Exercise requirements - For the data below, please report each line where the word "waiting" is found.

Material provided -
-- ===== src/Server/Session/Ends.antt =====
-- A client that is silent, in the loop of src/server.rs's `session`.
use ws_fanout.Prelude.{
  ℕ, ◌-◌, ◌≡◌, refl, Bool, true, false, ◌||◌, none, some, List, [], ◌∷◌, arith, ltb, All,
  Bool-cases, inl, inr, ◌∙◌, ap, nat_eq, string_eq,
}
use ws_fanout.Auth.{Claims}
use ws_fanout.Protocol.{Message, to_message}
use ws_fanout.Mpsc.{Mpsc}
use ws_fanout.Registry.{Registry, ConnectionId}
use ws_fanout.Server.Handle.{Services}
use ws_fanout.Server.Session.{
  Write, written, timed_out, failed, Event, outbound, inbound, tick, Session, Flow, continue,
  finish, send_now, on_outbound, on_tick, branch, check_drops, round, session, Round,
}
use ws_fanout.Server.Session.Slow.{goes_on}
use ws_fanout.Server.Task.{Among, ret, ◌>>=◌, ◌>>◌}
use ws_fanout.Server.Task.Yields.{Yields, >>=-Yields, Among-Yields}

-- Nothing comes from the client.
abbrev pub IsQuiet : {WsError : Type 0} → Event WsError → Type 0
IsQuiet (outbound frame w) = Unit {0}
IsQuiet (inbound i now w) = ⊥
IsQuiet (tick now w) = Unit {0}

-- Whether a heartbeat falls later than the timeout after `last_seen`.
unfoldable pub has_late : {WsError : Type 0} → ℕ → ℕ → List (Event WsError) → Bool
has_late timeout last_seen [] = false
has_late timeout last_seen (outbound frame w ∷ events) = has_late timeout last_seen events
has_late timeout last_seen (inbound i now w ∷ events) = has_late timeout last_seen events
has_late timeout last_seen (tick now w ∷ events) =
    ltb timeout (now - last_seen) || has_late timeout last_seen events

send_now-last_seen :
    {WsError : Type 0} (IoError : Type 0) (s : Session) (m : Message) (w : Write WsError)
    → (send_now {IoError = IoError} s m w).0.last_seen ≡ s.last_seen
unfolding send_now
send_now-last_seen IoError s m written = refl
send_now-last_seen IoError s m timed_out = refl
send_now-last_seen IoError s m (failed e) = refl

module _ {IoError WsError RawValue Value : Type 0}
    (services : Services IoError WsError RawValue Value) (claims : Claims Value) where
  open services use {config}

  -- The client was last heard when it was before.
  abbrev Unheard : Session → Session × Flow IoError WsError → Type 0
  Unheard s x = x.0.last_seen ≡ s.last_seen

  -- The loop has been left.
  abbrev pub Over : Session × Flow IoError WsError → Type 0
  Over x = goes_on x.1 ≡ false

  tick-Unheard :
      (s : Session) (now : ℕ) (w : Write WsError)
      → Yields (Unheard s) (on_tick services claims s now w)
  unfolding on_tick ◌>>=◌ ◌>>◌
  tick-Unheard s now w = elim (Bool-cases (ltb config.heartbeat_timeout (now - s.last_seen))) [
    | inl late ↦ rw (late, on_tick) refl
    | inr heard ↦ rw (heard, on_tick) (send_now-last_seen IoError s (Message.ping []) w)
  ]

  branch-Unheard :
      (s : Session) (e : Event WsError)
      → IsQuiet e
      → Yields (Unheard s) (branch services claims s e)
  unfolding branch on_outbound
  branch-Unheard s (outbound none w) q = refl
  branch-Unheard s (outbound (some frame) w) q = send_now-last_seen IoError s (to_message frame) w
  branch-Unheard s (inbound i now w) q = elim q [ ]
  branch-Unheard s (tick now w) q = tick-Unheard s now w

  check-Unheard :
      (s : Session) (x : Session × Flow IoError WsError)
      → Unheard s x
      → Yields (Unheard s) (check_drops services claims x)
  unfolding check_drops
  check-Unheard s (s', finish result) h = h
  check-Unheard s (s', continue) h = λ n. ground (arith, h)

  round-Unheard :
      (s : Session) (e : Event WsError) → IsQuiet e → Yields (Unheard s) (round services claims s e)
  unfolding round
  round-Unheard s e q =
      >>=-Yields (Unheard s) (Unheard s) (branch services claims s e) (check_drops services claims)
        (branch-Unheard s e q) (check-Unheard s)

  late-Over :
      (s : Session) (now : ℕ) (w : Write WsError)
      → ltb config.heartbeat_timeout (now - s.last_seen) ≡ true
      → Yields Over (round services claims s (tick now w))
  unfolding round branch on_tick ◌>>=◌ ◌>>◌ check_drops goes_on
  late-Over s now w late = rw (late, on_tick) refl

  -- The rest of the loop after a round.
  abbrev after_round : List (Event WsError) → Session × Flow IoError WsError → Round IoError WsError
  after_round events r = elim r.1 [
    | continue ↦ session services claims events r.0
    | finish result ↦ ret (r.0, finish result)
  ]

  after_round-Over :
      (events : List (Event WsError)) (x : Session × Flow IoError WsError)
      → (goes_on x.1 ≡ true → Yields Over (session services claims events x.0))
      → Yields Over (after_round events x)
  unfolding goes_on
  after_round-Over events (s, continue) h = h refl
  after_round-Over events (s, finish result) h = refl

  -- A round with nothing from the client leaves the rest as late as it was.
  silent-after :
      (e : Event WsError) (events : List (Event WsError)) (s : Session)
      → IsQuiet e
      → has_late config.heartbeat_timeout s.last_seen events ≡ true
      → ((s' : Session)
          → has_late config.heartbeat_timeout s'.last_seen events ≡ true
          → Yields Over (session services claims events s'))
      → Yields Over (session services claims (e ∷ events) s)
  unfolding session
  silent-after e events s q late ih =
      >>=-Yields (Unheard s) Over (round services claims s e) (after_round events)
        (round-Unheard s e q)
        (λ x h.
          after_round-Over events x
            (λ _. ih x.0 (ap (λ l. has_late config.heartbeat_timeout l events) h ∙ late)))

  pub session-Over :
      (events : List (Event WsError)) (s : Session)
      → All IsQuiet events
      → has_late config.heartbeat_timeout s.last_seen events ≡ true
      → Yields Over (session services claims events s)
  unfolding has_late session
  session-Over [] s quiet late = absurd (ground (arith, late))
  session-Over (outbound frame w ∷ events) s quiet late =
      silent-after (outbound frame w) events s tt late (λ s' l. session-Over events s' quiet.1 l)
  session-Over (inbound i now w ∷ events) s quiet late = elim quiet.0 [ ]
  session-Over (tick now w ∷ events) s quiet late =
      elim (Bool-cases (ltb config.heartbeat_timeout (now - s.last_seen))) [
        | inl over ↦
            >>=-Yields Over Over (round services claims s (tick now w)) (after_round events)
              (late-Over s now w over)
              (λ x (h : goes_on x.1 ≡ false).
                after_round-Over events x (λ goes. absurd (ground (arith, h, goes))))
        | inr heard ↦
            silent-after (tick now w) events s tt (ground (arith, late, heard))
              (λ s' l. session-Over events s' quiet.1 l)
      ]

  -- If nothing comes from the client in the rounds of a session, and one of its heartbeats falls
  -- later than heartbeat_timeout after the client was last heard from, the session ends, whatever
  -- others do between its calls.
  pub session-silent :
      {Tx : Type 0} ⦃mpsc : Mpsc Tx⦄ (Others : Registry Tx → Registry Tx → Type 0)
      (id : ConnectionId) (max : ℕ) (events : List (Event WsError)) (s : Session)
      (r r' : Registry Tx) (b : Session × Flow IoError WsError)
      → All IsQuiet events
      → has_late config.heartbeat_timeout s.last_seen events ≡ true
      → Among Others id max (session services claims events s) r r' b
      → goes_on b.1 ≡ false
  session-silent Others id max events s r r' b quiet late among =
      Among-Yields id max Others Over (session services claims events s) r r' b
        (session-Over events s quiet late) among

==

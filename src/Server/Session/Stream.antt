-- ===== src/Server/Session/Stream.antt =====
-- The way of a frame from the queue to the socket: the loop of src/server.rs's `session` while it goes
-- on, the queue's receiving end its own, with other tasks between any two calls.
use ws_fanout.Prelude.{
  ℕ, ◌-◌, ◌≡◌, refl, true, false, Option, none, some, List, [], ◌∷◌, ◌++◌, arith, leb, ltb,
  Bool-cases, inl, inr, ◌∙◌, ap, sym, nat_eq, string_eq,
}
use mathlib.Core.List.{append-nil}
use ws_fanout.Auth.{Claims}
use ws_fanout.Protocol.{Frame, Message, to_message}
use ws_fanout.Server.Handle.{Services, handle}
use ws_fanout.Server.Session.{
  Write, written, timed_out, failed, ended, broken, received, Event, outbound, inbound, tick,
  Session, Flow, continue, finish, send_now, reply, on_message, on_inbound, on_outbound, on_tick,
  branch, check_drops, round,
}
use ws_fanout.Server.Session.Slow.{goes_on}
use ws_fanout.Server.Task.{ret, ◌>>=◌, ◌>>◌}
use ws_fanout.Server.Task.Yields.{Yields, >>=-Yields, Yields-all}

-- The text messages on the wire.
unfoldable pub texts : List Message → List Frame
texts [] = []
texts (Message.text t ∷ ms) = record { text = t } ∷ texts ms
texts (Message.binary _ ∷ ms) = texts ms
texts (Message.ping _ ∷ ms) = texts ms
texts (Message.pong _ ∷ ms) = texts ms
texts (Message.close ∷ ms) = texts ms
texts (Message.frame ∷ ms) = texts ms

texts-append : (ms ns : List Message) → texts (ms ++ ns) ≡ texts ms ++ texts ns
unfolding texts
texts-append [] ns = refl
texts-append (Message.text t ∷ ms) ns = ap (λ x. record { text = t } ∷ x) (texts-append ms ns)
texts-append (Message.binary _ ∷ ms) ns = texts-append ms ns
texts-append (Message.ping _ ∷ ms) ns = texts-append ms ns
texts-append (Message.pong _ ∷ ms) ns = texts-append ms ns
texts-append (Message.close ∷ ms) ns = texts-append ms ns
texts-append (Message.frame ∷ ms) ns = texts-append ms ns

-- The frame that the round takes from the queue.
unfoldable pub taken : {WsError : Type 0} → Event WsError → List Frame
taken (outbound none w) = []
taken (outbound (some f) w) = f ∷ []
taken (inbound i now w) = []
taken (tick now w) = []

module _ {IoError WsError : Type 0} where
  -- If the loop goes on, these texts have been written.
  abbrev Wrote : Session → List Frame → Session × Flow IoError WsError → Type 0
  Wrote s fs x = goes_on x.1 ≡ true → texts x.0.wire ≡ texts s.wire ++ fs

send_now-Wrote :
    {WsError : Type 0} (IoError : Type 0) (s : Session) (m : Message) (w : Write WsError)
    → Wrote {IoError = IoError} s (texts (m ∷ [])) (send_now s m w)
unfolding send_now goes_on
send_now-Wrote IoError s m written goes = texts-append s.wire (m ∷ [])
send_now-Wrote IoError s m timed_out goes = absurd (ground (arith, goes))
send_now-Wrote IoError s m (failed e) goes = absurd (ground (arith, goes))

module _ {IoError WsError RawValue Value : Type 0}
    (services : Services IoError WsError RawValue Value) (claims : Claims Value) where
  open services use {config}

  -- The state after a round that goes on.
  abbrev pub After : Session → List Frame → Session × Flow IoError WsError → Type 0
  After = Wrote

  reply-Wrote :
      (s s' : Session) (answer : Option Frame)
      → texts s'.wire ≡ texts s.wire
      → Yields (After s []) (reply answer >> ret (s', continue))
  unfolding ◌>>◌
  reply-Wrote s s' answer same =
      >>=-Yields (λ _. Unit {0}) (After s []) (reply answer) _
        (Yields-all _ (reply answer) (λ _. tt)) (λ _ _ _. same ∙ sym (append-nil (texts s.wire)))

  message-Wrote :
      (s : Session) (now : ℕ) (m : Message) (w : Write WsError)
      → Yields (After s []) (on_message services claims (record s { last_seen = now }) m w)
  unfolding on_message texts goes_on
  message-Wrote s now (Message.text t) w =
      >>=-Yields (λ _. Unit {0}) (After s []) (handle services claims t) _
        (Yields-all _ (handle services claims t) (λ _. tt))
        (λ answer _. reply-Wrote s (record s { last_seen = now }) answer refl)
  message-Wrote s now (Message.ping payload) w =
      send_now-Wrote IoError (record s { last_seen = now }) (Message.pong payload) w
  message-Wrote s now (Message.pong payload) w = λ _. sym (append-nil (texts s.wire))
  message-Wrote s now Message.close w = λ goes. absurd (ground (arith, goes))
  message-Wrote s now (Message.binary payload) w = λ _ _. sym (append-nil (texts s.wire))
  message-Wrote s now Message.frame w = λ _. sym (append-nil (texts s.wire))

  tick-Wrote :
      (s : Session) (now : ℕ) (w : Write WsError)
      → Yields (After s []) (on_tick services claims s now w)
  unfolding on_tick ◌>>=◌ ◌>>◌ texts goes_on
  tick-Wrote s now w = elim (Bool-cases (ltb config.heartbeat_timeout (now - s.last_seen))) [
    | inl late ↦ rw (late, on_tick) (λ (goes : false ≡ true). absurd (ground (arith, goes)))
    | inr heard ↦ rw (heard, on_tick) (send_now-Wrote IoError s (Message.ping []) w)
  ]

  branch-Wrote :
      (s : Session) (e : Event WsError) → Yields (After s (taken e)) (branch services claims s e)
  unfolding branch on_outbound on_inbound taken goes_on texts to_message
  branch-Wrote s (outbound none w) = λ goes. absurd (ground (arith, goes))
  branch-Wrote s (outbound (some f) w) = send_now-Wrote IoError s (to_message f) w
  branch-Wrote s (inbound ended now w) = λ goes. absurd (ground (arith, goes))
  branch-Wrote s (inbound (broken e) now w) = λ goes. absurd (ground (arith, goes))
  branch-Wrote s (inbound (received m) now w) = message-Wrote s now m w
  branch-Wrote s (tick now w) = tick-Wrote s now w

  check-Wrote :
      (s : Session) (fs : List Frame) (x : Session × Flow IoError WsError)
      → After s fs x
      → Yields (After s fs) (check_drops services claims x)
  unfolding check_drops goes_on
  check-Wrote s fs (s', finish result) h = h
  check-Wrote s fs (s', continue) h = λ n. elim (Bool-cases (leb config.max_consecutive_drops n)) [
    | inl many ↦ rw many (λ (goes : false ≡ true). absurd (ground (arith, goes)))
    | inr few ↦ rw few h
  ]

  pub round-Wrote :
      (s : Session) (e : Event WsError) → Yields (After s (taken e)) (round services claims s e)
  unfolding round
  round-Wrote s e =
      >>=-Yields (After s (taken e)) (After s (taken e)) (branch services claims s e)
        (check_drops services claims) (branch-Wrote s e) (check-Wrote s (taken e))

* * *

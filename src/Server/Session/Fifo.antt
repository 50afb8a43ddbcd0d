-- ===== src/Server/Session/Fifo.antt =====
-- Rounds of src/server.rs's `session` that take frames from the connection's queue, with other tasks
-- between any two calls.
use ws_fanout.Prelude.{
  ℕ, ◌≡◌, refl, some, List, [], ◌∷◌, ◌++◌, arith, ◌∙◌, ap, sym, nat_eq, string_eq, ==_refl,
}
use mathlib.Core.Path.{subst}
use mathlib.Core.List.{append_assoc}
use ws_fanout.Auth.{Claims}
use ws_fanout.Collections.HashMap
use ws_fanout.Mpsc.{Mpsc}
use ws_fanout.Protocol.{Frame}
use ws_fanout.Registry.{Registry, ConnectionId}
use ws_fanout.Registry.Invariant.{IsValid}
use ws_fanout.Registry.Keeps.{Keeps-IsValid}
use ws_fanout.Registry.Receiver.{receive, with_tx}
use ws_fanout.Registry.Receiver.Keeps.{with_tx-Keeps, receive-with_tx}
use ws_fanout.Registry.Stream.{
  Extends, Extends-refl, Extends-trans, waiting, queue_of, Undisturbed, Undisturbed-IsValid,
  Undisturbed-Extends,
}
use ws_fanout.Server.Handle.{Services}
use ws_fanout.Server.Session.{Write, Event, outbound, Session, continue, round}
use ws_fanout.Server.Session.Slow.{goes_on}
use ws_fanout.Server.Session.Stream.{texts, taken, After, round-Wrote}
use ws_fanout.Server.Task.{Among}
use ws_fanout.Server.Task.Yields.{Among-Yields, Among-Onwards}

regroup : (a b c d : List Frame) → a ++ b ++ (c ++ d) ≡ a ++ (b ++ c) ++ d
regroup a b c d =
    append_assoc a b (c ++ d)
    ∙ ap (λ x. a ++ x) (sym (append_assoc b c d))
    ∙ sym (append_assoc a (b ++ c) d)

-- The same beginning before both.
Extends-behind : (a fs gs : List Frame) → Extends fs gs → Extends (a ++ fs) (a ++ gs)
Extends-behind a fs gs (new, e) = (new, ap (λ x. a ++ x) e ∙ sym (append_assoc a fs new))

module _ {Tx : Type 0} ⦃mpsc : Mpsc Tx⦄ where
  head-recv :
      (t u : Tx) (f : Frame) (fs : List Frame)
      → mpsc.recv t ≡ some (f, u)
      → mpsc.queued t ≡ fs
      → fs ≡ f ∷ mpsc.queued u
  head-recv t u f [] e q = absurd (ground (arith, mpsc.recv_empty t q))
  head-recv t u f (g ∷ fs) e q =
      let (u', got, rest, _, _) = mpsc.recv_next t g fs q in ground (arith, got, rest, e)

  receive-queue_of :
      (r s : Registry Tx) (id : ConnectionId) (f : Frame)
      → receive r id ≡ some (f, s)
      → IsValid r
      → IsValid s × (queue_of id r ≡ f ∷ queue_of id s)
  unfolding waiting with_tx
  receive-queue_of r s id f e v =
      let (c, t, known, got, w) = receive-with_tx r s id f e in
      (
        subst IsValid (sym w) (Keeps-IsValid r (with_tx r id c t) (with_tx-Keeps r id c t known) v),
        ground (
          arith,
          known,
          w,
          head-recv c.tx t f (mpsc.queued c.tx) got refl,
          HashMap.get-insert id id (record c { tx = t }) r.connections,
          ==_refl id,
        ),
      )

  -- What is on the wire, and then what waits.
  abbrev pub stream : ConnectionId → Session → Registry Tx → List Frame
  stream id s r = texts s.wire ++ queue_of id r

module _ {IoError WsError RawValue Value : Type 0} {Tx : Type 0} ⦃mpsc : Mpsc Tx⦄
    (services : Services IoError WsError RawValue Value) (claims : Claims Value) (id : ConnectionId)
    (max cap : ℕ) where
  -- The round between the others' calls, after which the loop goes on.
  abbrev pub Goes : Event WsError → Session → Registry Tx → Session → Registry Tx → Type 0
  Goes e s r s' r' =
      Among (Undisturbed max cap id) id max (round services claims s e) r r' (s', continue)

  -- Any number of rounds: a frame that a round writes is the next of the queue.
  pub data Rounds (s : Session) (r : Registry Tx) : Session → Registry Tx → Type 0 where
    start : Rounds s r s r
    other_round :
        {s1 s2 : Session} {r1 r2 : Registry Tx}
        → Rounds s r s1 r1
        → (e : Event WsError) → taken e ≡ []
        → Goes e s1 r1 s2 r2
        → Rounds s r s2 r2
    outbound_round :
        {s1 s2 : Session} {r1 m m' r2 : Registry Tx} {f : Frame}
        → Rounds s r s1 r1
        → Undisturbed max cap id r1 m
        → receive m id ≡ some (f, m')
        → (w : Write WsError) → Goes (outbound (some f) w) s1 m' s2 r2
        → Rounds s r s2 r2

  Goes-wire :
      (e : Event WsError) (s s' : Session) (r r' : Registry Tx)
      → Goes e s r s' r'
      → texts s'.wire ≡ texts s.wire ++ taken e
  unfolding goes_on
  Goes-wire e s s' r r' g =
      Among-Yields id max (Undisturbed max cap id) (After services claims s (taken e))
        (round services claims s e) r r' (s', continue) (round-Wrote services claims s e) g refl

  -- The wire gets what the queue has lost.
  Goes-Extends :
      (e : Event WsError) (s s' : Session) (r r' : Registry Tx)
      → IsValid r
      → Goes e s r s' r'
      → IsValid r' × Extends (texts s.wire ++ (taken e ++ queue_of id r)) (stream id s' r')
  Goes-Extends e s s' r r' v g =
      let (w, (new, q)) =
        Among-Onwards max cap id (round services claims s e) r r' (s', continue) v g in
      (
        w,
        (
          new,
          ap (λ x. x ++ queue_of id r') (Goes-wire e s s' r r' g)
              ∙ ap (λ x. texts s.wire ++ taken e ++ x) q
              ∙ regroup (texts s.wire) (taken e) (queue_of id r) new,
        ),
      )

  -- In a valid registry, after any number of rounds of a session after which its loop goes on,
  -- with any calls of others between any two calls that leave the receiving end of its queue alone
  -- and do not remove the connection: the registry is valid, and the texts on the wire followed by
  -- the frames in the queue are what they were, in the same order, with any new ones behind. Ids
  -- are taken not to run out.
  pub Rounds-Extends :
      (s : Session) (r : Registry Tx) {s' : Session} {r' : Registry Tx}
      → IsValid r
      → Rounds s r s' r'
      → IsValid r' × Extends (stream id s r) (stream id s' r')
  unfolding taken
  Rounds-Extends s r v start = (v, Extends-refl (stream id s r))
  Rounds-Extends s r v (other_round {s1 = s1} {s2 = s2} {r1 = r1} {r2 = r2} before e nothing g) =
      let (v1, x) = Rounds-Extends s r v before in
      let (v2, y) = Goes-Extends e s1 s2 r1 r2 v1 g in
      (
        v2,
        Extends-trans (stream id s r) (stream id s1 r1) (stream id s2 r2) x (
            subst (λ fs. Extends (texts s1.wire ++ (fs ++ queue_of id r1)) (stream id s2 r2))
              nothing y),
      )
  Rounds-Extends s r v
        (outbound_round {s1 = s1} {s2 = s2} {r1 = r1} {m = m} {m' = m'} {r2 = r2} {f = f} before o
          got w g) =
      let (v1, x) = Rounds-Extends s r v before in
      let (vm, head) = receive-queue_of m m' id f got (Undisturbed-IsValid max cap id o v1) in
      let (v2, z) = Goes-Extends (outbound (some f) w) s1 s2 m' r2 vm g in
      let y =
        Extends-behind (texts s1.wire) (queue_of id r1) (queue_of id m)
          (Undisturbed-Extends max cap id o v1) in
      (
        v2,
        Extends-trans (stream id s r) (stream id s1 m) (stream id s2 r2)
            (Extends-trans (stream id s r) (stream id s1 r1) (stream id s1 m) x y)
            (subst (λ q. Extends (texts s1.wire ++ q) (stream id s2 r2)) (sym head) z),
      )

Response to the exercise -
  Extends, Extends-refl, Extends-trans, waiting, queue_of, Undisturbed, Undisturbed-IsValid,
  unfolding waiting with_tx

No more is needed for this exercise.